¿Ignorar, saber, dogmatizar... o hacer el bien?

Zamora, 22 mayo 2023
Antonio Fernández, licenciado en Sociología

         Ignorar que es infinito lo que nos falta por saber es crasa imbecilidad, por mucho que, en la actualidad, nuestra ciencia nos haya permitido romper alguna de las barreras de nuestro propio sistema solar: de hecho estamos en la línea de la página del libro de la ciencia.

         Desde sus comienzos, la ciencia humana, aunque busca y ansía la certeza, no pasa de ser un lento, parcial y vacilante descubrimiento de pequeñas realidades y múltiples apariencias, siempre como en una burbuja dentro del misterio; tanto peor si reniega de lo que no comprende y cae en la bobalicona veneración de sus propias fantasías.

         Diferente es buscar con paciencia y humildad para no desvariar y sí descubrir lo preciso para seguir adelante, tanto mejor si se tropieza con la sabiduría que "va por todas partes buscando a los que se hacen dignos de ella; se les muestra benévola en los caminos y les sale al encuentro en todos sus pensamientos. Porque su comienzo, el s seguro, es el deseo de instruirse, procurar instruirse es amarla, amarla es guardar sus leyes" (Sb 6, 16-18).

         Fuera de la órbita judeo-cristiana, allá por el s. IV a.C y según Jenofonte, Sócrates, un humilde y realista observador de su tiempo, "no discurría sino de asuntos humanos, estudiando qué es lo piadoso, qué lo sacrílego; qué es lo honesto, qué lo vergonzoso; qué es lo justo, qué lo injusto; qué es sensatez, qué insensatez; qué la valentía, qué la cobardía; qué el estado, qué el gobernante; qué mandar y quién el que manda, y, en general, acerca de todo aquello cuyo conocimiento estaba convencido de que hacia a los hombres perfectos, cuya ignorancia, en cambio, los degrada, con razón, haciéndolos esclavos" (Memorables, I, 1, 17).
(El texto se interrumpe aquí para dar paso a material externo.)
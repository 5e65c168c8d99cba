-- ===== src/Tests.antt =====
-- Small concrete inputs, and the theorems applied to them.
pub mod Io
pub mod Events
pub mod Transactions
pub mod Emit
pub mod I2c
pub mod Control
pub mod Ioreg
pub mod Interrupts
pub mod Periodic
pub mod Supply
pub mod Power
pub mod Buffers
pub mod Slc
pub mod Inbox
use google_lwis.Prelude.{ℕ, ◌+◌, Bool, true, false, none, some, List, [], ◌∷◌, neg, neg64}
use google_lwis.Kernel.{Kernel, World}
use google_lwis.Io.{
  Rw, RwBatch, ReadAssert, IoEntry, read, read_batch, write, poll, Bus, Vops, vops,
}
use google_lwis.Io.Scratch.{Scratch, top_bus}

-- Every allocation succeeds, and time passes only while sleeping.
abbrev pub kernel : Kernel
kernel = record { alloc = λ n. true; clock = λ n. 5000000 }

abbrev pub memory : List ℕ
memory = 0 ∷ 0 ∷ 7 ∷ 0 ∷ 0 ∷ 0 ∷ 0 ∷ 0 ∷ 0 ∷ 0 ∷ 0 ∷ 0 ∷ 0 ∷ 0 ∷ 0 ∷ 255 ∷ []

abbrev pub scratch : Scratch
scratch = record { mem = memory; strayed = false }

abbrev pub bus : Bus Scratch
bus = top_bus 8

abbrev pub ops : Vops Scratch
ops = vops bus

abbrev pub world : World Scratch
world = record { hw = scratch; calls = 0; slept = 0 }

-- The register at 2 holds 7; nothing writes 8 to it.
abbrev pub seven : ReadAssert
seven = record { bid = 0; offset = 2; val = 7; mask = 255; timeout_ms = 3 }

abbrev pub eight : ReadAssert
eight = record { bid = 0; offset = 2; val = 8; mask = 255; timeout_ms = 3 }

abbrev pub first_four : RwBatch
first_four = record { bid = 0; offset = 0; size_in_bytes = 4; buf = [] }

-- The sum of offset and size is 2 ^ 64 + 4.
abbrev pub around : RwBatch
around = record { bid = 0; offset = neg64 4; size_in_bytes = 8; buf = [] }

-- More than the memory of any machine.
abbrev pub huge : RwBatch
huge = record { bid = 0; offset = 0; size_in_bytes = neg64 24; buf = [] }

abbrev pub write_nine : IoEntry
write_nine = write (record { bid = 0; offset = 3; val = 9 })

abbrev pub write_outside : IoEntry
write_outside = write (record { bid = 0; offset = 16; val = 9 })

abbrev pub read_two : IoEntry
read_two = read (record { bid = 0; offset = 2; val = 0 })

-- A register that counts how often it was read.
abbrev pub counted_read : ℕ → IoEntry → ℕ × IoEntry × ℕ
counted_read hw (read r) = (0, read (record r { val = hw }), hw + 1)
counted_read hw e = (0, e, hw)

abbrev pub counting : Bus ℕ
counting = record {
  register_io = λ hw e size. counted_read hw e;
  register_io_barrier = none;
  native_value_bitwidth = 8;
}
         Según Aristóteles, maestro de maestros, Sócrates "se ocupó de lo concerniente al ethos, buscando lo universal y siendo el primero en ejercitar su pensamiento, en definir" (Metafísica, 987b). En tratar de definir, más bien, apuntamos nosotros puesto que él mismo cifraba su sabiduría en el "saber que no sabía nada". Claro que, incapaz de resistirse al afán de aprender a encauzar su conducta de la mejor de las posibles maneras, vivió preocupado de lo que hacían y pensaban sus conciudadanos para sacar sus propias conclusiones: "Ni las estrellas, ni los árboles, ni los montes me dicen nada; pero sí los hombres de la ciudad".

         Por ello lo de crates, es bastante más que una simple abstracción filosófica: el "conócete a ti mismo para vivir de acuerdo con lo que eres", o el rompe con cualquier apología del pensamiento estéril para marcar la pauta de la acción hacia la humanización del mundo.
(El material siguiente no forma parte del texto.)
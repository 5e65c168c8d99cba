-- ===== src/Tests/Buffers.antt =====
-- A client that enrolls buffers, on hardware that counts what is held, and entries with buffers.
use google_lwis.Prelude.{ℕ, ◌+◌, ◌-◌, ◌≡◌, refl, true, false, not, List, [], ◌∷◌, ◌==◌, neg}
use google_lwis.Kernel.{Kernel, World, enomem}
use google_lwis.Supply.{handle}
use google_lwis.Buffer.{BufferInfo, DmaApi}
use google_lwis.Buffer.Enroll.{lwis_client_enrolled_buffers_clear}
use google_lwis.Buffer.Balance.{IsCounting}
use google_lwis.Ioctl.Buffers.Session.{Call, enroll, disenroll, run_calls, session-released}
use google_lwis.Ioctl.Entries.{UserEntry, user, construct_transaction, prepare_io_entry}
use google_lwis.Ioctl.Entries.Freed.{IsClean, construct-IsClean, prepare_io_entry-frees_user}

-- Call number 4 fails.
abbrev kernel : Kernel
kernel = record { alloc = λ n. not (n == 4); clock = λ n. n }

-- The number of references, attachments and mappings.
abbrev sharing : DmaApi ℕ
sharing = record {
  dma_buf_get = λ hw fd. (handle fd, hw + 1);
  dma_buf_put = λ hw b. hw - 1;
  get_dma_buf = λ hw b. hw + 1;
  dma_buf_fd = λ hw b. (9, hw);
  dma_buf_attach = λ hw b. (handle 2, hw + 1);
  dma_buf_detach = λ hw b a. hw - 1;
  dma_buf_map_attachment = λ hw a d. (handle 3, hw + 1);
  dma_buf_unmap_attachment = λ hw a sg d. hw - 1;
  sg_dma_address = λ hw sg. 4096;
  lwis_platform_dma_buffer_alloc = λ hw size flags. (handle 8, hw);
  lwis_platform_dma_buffer_unmap = λ hw a v. hw;
}

counting : IsCounting sharing (λ n. n)
counting = record {
  got = λ hw fd. refl;
  attached = λ hw b. refl;
  mapped = λ hw a d. refl;
  put = λ hw b. refl;
  detached = λ hw b a. refl;
  unmapped = λ hw a sg d. refl;
  device_unmapped = λ hw a v. refl;
}

abbrev info : BufferInfo
info = record { fd = 6; dma_read = true; dma_write = false; dma_vaddr = 0 }

abbrev other : BufferInfo
other = record { fd = 7; dma_read = true; dma_write = true; dma_vaddr = 0 }

abbrev start : World ℕ
start = record { hw = 11; calls = 0; slept = 0 }

-- The allocation of the second buffer's entry fails, the third call enrolls it, and its address cannot
-- be returned in the fourth.
abbrev calls : List Call
calls =
    enroll true true info
    ∷ enroll true true other
    ∷ enroll true true other
    ∷ disenroll true 6 4096
    ∷ enroll true false info
    ∷ []

session-released_example :
    ((lwis_client_enrolled_buffers_clear sharing
        (run_calls kernel sharing start [] calls).1.hw
        (record {
          allocated_buffers = [];
          enrolled_buffers = (run_calls kernel sharing start [] calls).0;
        })).0.enrolled_buffers
      ≡ [])
    × ((lwis_client_enrolled_buffers_clear sharing
          (run_calls kernel sharing start [] calls).1.hw
          (record {
            allocated_buffers = [];
            enrolled_buffers = (run_calls kernel sharing start [] calls).0;
          })).1
        ≡ 11)
session-released_example = session-released kernel sharing (λ n. n) start [] calls counting

-- Two batch writes, the second of which cannot be given a buffer.
abbrev entries : List UserEntry
entries =
    record { is_write_batch = true; buf = user 640 }
    ∷ record { is_write_batch = false; buf = user 0 }
    ∷ record { is_write_batch = true; buf = user 704 }
    ∷ []

abbrev third : World ℕ
third = record { hw = 0; calls = 1; slept = 0 }

construct-IsClean_example :
    IsClean kernel (λ i. true) 1 (construct_transaction kernel (λ i. true) true true third entries)
construct-IsClean_example =
    construct-IsClean kernel (λ i. true) true true third entries (refl, (refl, (refl, tt)))

abbrev fourth : World ℕ
fourth = record { hw = 0; calls = 3; slept = 0 }

prepare_io_entry-frees_user_example :
    ((prepare_io_entry kernel (λ i. true) true fourth entries).0 ≡ neg enomem)
    × ((prepare_io_entry kernel (λ i. true) true fourth entries).2 ≡ user 640 ∷ [])
prepare_io_entry-frees_user_example =
    prepare_io_entry-frees_user kernel (λ i. true) fourth
      (record { is_write_batch = true; buf = user 640 })
      (record { is_write_batch = false; buf = user 0 }
        ∷ record { is_write_batch = true; buf = user 704 }
        ∷ [])
      640 refl refl refl refl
         Más cerca de nosotros, Nicolás de Cusa, autor del término docta ignorancia, nos hablaba de 3 realidades que, por sí mismas, nos ayudan a salir de la semi-oscuridad en la que, por su propia naturaleza, se encuentra el entendimiento humano: 1º la realidad de Dios, que se basta a sí mismo y cuenta con absoluta capacidad para crear; 2º la realidad del universo, que por la libre y sabia acción de Dios, se manifiesta en la pluralidad de las cosas; 3º realidad de Jesucristo, el ser "más excelso como suprema expresión de la unión entre lo espiritual y lo material".

         El tomar conciencia de esas 3 realidades constituye la mejor vía para empezar a saber por parte de un ser cuya limitada inteligencia puede ser progresivamente compensada merced al reconocimiento de lo mucho que le falta por  aprender a través de la vida y testimonios del mismísimo Hijo de Dios, Dios verdadero de Dios verdadero.
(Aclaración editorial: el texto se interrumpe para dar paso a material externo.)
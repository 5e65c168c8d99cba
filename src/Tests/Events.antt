-- ===== src/Tests/Events.antt =====
-- The event queues, and the events of a device.
use google_lwis.Prelude.{
  ◌<◌, ◌*◌, ℕ, ◌+◌, ◌^◌, ◌≡◌, refl, true, false, none, [], ◌∷◌, arith, neg, ltb, ◌==◌, ◌&&◌,
}
use google_lwis.Kernel.{enoent}
use google_lwis.Event.{EventInfo, null, is_transaction_event}
use google_lwis.Event.Queue.{empty}
use google_lwis.Event.Queue.Laws.{push, pop, peek, clear, run, spec_run, run_refines}
use google_lwis.Event.States.{DeviceEventState}
use google_lwis.Device.{Device, lwis_device_event_enable, lwis_device_event_flags_updated}
use google_lwis.Device.Flags.{counter_of, one_if}
use google_lwis.Device.Flags.Refcount.{Counted, counter_of-flags_updated, event_enable-transaction}
use google_lwis.Device.Flags.Heartbeat.{flags_updated-heartbeat, heartbeat_stops_shared}
use google_lwis.Tests.{kernel, ops, world}

abbrev an_event : ℕ → EventInfo
an_event id = record {
  event_id = id;
  event_counter = 1;
  timestamp_ns = 0;
  payload_size = 0;
  payload = null;
}

run_refines_example :
    run empty (push (an_event 1) ∷ push (an_event 2) ∷ pop ∷ peek ∷ clear ∷ pop ∷ [])
    ≡ spec_run [] (push (an_event 1) ∷ push (an_event 2) ∷ pop ∷ peek ∷ clear ∷ pop ∷ [])
run_refines_example =
    run_refines (push (an_event 1) ∷ push (an_event 2) ∷ pop ∷ peek ∷ clear ∷ pop ∷ []) {q = empty}
      (omega arith)

-- One client has enabled the heartbeat, and another is about to.
abbrev pub device : Device
device = record {
  id = 3;
  dev_type = 2;
  enabled = 1;
  irqs = none;
  heartbeat = true;
  event_states =
      record { event_id = 1; enable_counter = 1; event_counter = 0; has_subscriber = false } ∷ [];
  event_hist = [];
  cur_event_hist_idx = 0;
  emitted = [];
}

enabled_once : Counted device 1 1
unfolding google_lwis.Event.States.Table.find
enabled_once = record { holds = λ h. omega arith; room = omega arith }

counter_of-flags_updated_example :
    let d' = (lwis_device_event_flags_updated kernel ops world device 1 1 0).1 in
    counter_of d'.event_states 1 + one_if ((1 == 1) && true)
    ≡ counter_of device.event_states 1 + one_if ((1 == 1) && false)
unfolding google_lwis.Event.States.Table.find
    google_lwis.Event.States.lwis_device_event_state_find_or_create
counter_of-flags_updated_example =
    counter_of-flags_updated kernel ops world device 1 1 0 1 enabled_once (λ e. cc)

flags_updated-heartbeat_example :
    let d' = (lwis_device_event_flags_updated kernel ops world device 1 1 0).1 in
    d'.heartbeat ≡ ltb 0 (counter_of d'.event_states 1)
unfolding google_lwis.Event.States.Table.find
flags_updated-heartbeat_example =
    flags_updated-heartbeat kernel ops world device 1 1 0 1 (omega arith) refl (λ e. refl)
      enabled_once refl

-- The heartbeat is enabled under the id 1 and under the one with the id of device 5.
abbrev two_heartbeats : Device
two_heartbeats = record device {
  event_states =
      record {
        event_id = 5 * 2 ^ 32 + 1;
        enable_counter = 1;
        event_counter = 0;
        has_subscriber = false;
      }
      ∷ device.event_states;
}

heartbeat_stops_shared_example :
    let d' = (lwis_device_event_flags_updated kernel ops world two_heartbeats 1 1 0).1 in
    (d'.heartbeat ≡ false) × (0 < counter_of d'.event_states (5 * 2 ^ 32 + 1))
unfolding google_lwis.Event.States.Table.find
heartbeat_stops_shared_example =
    heartbeat_stops_shared kernel ops world two_heartbeats 1 1 0 (5 * 2 ^ 32 + 1) refl refl
      (λ e. omega (arith, e)) refl refl refl (omega arith)

event_enable-transaction_example :
    lwis_device_event_enable ops world device (2 ^ 63 + 5) true ≡ (neg enoent, device, world)
event_enable-transaction_example =
    event_enable-transaction kernel ops world device (2 ^ 63 + 5) true (omega arith) refl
         En lo de "conocerse a uno mismo", muy difícil resulta avanzar si partimos de la hipótesis de un "saber que ya sabemos lo suficiente", sobre todo si, a priori, descartamos el hecho de que, para saber (lo que se dice saber), nuestros sentidos y capacidad de deducción tropiezan con las serias limitaciones del tiempo y del especio. Y por eso las más avanzadas de las hipótesis científicas nos muestran una enorme distancia entre la segura realidad y lo que, sobre ella creemos saber. Así, el "solo sé que sé poco más que nada" es lo más que podemos afirmar como corolario de la archirepetida frase socrática.

         Desde esa elemental docta ignorancia podemos iniciar el camino del aprender a sacar el jugo posible a la innata capacidad de analizar lo que más conviene a la naturaleza de un ser nacido para saborear las mieles de la libertad en sintonía con la voluntad de su Creador.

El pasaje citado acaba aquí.